いいこと窓の外からは虫の音が聞こえて。
日中はまだ暑い日が続くのに、陽が沈むのは早くなり、時折吹く柔らかな風に日々秋の訪れを感じる。
夏休みは夏休みらしい休みも特になく、任務に訓練に補習(と言われる授業)に追われる日常だったのだが。
一応に名目上の夏休みは終わりを告げた。
一夏を過ごし、もう見慣れた狗巻先輩の部屋。
ローテーブルに向き合ってお互い課題を広げる。
ちらりと目線を上げて見える2年生の教科書。そこに書かれた数式は1学年下の唯にはあまり馴染みのないものだった。

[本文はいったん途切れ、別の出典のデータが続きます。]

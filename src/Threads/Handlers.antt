-- ===== src/Threads/Handlers.antt =====
-- The branches of `process_message` in agente_c/src/resource_manager.c as programs, on a message that is
-- parsed, and the other calls of the server.
use tp_sist_op.Prelude.{ℕ, true, false, List, [], ◌∷◌, Option, none, some, ◌&&◌, if◌then◌else◌}
use tp_sist_op.Prelude.Int.{ℤ, pos, eqb_ℤ}
use tp_sist_op.ResourceTypes.{Resource, cpu, mem, gpu}
use tp_sist_op.Queue.{Origin}
use tp_sist_op.Jobs.{
  Allocation, OutRequest, Job, Result, Message, is_local_granted, is_remote, job_confirmar,
  update_job, tabla_jobs_buscar_por_id, tabla_jobs_get_conn, tabla_jobs_verificar,
  tabla_jobs_extract_by_id,
}
use tp_sist_op.Jobs.Sweep.{tabla_jobs_extract_by_remote_conn, tabla_jobs_get_pendientes_by_conn}
use tp_sist_op.Conns.{tabla_conns_get_ip_by_conn, tabla_conns_insert, tabla_conns_delete_by_conn}
use tp_sist_op.Nodes.{tabla_nodos_insert_or_update, tabla_nodos_purge}
use tp_sist_op.Manager.{ResourceManager, erlang_local, agente_remoto}
use tp_sist_op.Manager.NodeList.{node_list}
use tp_sist_op.Manager.Events.{Command, Event}
use tp_sist_op.Threads.{Lock, Prog, done, lock, unlock, access}
use tp_sist_op.Threads.Calls.{
  look, send_message_prog, reserve_resource_prog, release_resource_prog, limpiar_colas_por_id_prog,
  limpiar_colas_por_conn_prog, drop_allocs_prog, unlink_by_id, tabla_jobs_remove_prog,
}
use tp_sist_op.Threads.Building.{on_job_request_prog}

unfoldable pub on_reserve_prog : ℕ → ℤ → Resource → ℤ → Prog
on_reserve_prog conn job_id tipo amount =
    reserve_resource_prog tipo amount job_id conn Origin.remote (elim [
      | Result.granted ↦ send_message_prog conn agente_remoto (Message.grant job_id) done
      | Result.queued ↦ done
      | Result.denied ↦ send_message_prog conn agente_remoto (Message.deny job_id) done
    ])

unfoldable pub on_release_prog : ℤ → Resource → ℤ → Prog
on_release_prog job_id tipo amount =
    let rest = tabla_jobs_remove_prog job_id true (limpiar_colas_por_id_prog job_id done) in
    if eqb_ℤ amount (pos 0) then rest else release_resource_prog tipo amount true rest

unfoldable pub release_ghost_prog : ℕ → ℤ → Prog → Prog
release_ghost_prog conn job_id k =
    send_message_prog conn agente_remoto (Message.release job_id cpu (pos 0)) (
      send_message_prog conn agente_remoto (Message.release job_id mem (pos 0))
        (send_message_prog conn agente_remoto (Message.release job_id gpu (pos 0)) k))

-- `job_confirmar` writes the job in the table.
unfoldable pub settle : List ℕ → ℤ → ResourceManager → ResourceManager
settle ip job_id m = record m {
  tabla = update_job m.tabla job_id (λ j. (job_confirmar j ip job_id).0);
}

unfoldable pub confirm_prog : Job → List ℕ → ℤ → Prog → Prog
confirm_prog check ip job_id k = access (settle ip job_id) (λ _. look (λ m.
    if (job_confirmar check ip job_id).1 && tabla_jobs_verificar m.tabla job_id
    then send_message_prog check.conn erlang_local (Message.job_granted job_id) k
    else k))

unfoldable pub on_granted_prog : ℕ → ℤ → Prog
on_granted_prog conn job_id = lock Lock.conns (
    look (λ m. unlock Lock.conns (elim (tabla_conns_get_ip_by_conn m.conns conn) [
      | none ↦ done
      | some ip_remoto ↦ lock Lock.tabla (
          look (λ s. elim (tabla_jobs_buscar_por_id s.tabla job_id) [
            | none ↦ release_ghost_prog conn job_id (unlock Lock.tabla done)
            | some check ↦ confirm_prog check ip_remoto job_id (unlock Lock.tabla done)
          ]))
    ])))

unfoldable pub on_denied_prog : ℤ → Prog
on_denied_prog job_id =
    let leave = limpiar_colas_por_id_prog job_id (unlock Lock.tabla done) in
    lock Lock.tabla (
      look (λ m. elim (tabla_jobs_get_conn m.tabla job_id) [
        | none ↦ leave
        | some owner ↦
            tabla_jobs_remove_prog job_id false
              (send_message_prog owner erlang_local (Message.job_denied job_id) leave)
      ]))

unfoldable pub release_alloc_prog : Allocation → Prog → Prog
release_alloc_prog alloc k =
    let rest =
      if is_remote alloc
      then send_message_prog alloc.conn agente_remoto
          (Message.release alloc.job_id alloc.name alloc.amount) k
      else k in
    if is_local_granted alloc
    then release_resource_prog alloc.name alloc.amount true rest
    else limpiar_colas_por_id_prog alloc.job_id rest

unfoldable pub release_allocs_prog : List Allocation → Prog → Prog
release_allocs_prog [] k = k
release_allocs_prog (alloc ∷ sig) k = release_alloc_prog alloc (release_allocs_prog sig k)

unfoldable pub on_job_release_prog : ℤ → Prog
on_job_release_prog job_id = lock Lock.tabla (
    access (unlink_by_id job_id) (λ m.
      unlock Lock.tabla (elim (tabla_jobs_extract_by_id m.tabla job_id).1 [
        | none ↦ done
        | some job ↦ release_allocs_prog job.confirmadas (limpiar_colas_por_id_prog job_id done)
      ])))

unfoldable pub on_job_status_prog : ℕ → ℤ → Prog
on_job_status_prog conn job_id = lock Lock.tabla (
    look (λ m. unlock Lock.tabla (elim (tabla_jobs_get_conn m.tabla job_id) [
      | none ↦ send_message_prog conn erlang_local (Message.job_unknown job_id) done
      | some c ↦ send_message_prog conn erlang_local (Message.job_active job_id) done
    ])))

unfoldable pub on_job_timeout_prog : ℤ → Prog
on_job_timeout_prog job_id =
    tabla_jobs_remove_prog job_id true (limpiar_colas_por_id_prog job_id done)

unfoldable pub on_get_nodes_prog : ℕ → Prog
on_get_nodes_prog conn = lock Lock.nodos (
    look (λ m.
      unlock Lock.nodos
        (send_message_prog conn erlang_local (Message.nodes (node_list m.nodos)) done)))

unfoldable pub drop_jobs_prog : List Job → Prog → Prog
drop_jobs_prog [] k = k
drop_jobs_prog (lista ∷ sig) k =
    limpiar_colas_por_id_prog lista.job_id
      (drop_allocs_prog lista.job_id true lista.confirmadas (drop_jobs_prog sig k))

-- Unlinks the jobs that a lost connection takes with it.
unfoldable pub unlink_lost : ℕ → ResourceManager → ResourceManager
unlink_lost conn m = record m { tabla = (tabla_jobs_extract_by_remote_conn m.tabla conn).0 }

unfoldable pub process_connection_failed_prog : ℕ → Prog → Prog
process_connection_failed_prog conn k = lock Lock.tabla (
    access (unlink_lost conn) (λ m.
      unlock Lock.tabla (drop_jobs_prog (tabla_jobs_extract_by_remote_conn m.tabla conn).1 k)))

unfoldable pub forget_conn : ℕ → ResourceManager → ResourceManager
forget_conn conn m = record m { conns = tabla_conns_delete_by_conn m.conns conn }

unfoldable pub process_disconnect_prog : ℕ → Prog
process_disconnect_prog conn = limpiar_colas_por_conn_prog conn (
    process_connection_failed_prog conn
      (lock Lock.conns (access (forget_conn conn) (λ _. unlock Lock.conns done))))

unfoldable pub learn_conn : List ℕ → ℕ → ResourceManager → ResourceManager
learn_conn ip conn m = record m { conns = tabla_conns_insert m.conns ip conn }

unfoldable pub send_requests_prog : ℕ → List OutRequest → Prog → Prog
send_requests_prog conn [] k = k
send_requests_prog conn (lista ∷ next) k = lock Lock.conns (
    access (learn_conn lista.ip conn) (λ _.
      unlock Lock.conns
        (send_message_prog conn agente_remoto lista.msg (send_requests_prog conn next k))))

unfoldable pub process_connection_ready_prog : ℕ → Prog
process_connection_ready_prog conn = lock Lock.tabla (
    look (λ m.
      send_requests_prog conn (tabla_jobs_get_pendientes_by_conn m.tabla conn)
        (unlock Lock.tabla done)))

unfoldable pub execute_prog : ℕ → Command → List (Option ℕ) → Prog
execute_prog conn (Command.reserve id tipo amount) tries = on_reserve_prog conn id tipo amount
execute_prog conn (Command.release id tipo amount) tries = on_release_prog id tipo amount
execute_prog conn (Command.granted id) tries = on_granted_prog conn id
execute_prog conn (Command.denied id) tries = on_denied_prog id
execute_prog conn (Command.job_request id reqs) tries = on_job_request_prog conn id reqs tries
execute_prog conn Command.get_nodes tries = on_get_nodes_prog conn
execute_prog conn (Command.job_release id) tries = on_job_release_prog id
execute_prog conn (Command.job_status id) tries = on_job_status_prog conn id
execute_prog conn (Command.job_timeout id) tries = on_job_timeout_prog id
execute_prog conn Command.ignored tries = done

-- An announcement and the purge work under the mutex of the table of nodes.
unfoldable pub in_nodos : (ResourceManager → ResourceManager) → Prog
in_nodos f = lock Lock.nodos (access f (λ _. unlock Lock.nodos done))

unfoldable pub event_prog : Event → Prog
event_prog (Event.message conn c tries) = execute_prog conn c tries
event_prog (Event.announce ip puerto c g n now) =
    in_nodos (λ m. record m { nodos = tabla_nodos_insert_or_update m.nodos ip puerto c g n now })
event_prog (Event.purge timeout now) =
    in_nodos (λ m. record m { nodos = tabla_nodos_purge m.nodos timeout now })
event_prog (Event.disconnect conn) = process_disconnect_prog conn
event_prog (Event.connection_ready conn) = process_connection_ready_prog conn
event_prog (Event.connection_failed conn) = process_connection_failed_prog conn done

部屋着の狗巻先輩は、いつの間にかその手を止めて片肘をつき、いつものネックウォーマーも脱ぎ捨てて、ついにはお菓子を摘み始めている。
唯も何気なく手を止める。
シャーペンを転がして、ふと見た窓は陽も沈みかけ、室内は少し暗くなり始めていた。網戸から入る風が僅かに冷気を含んで冷たく頬を撫でていく。
ーーっくしゅんっ
むずむずする鼻を抑える。
冷たくなった指先を重ねて触れた。
「朝夕は寒くなってきましたね」
お菓子を摘む狗巻先輩を見る。
「…明太子?」
首を傾げる狗巻先輩。
先輩は然程寒いとは感じていないようだ。
けれど、指先を重ねて握る唯を見て、狗巻先輩は静かに立ち上がる。備え付けのクローゼットに足を向けた。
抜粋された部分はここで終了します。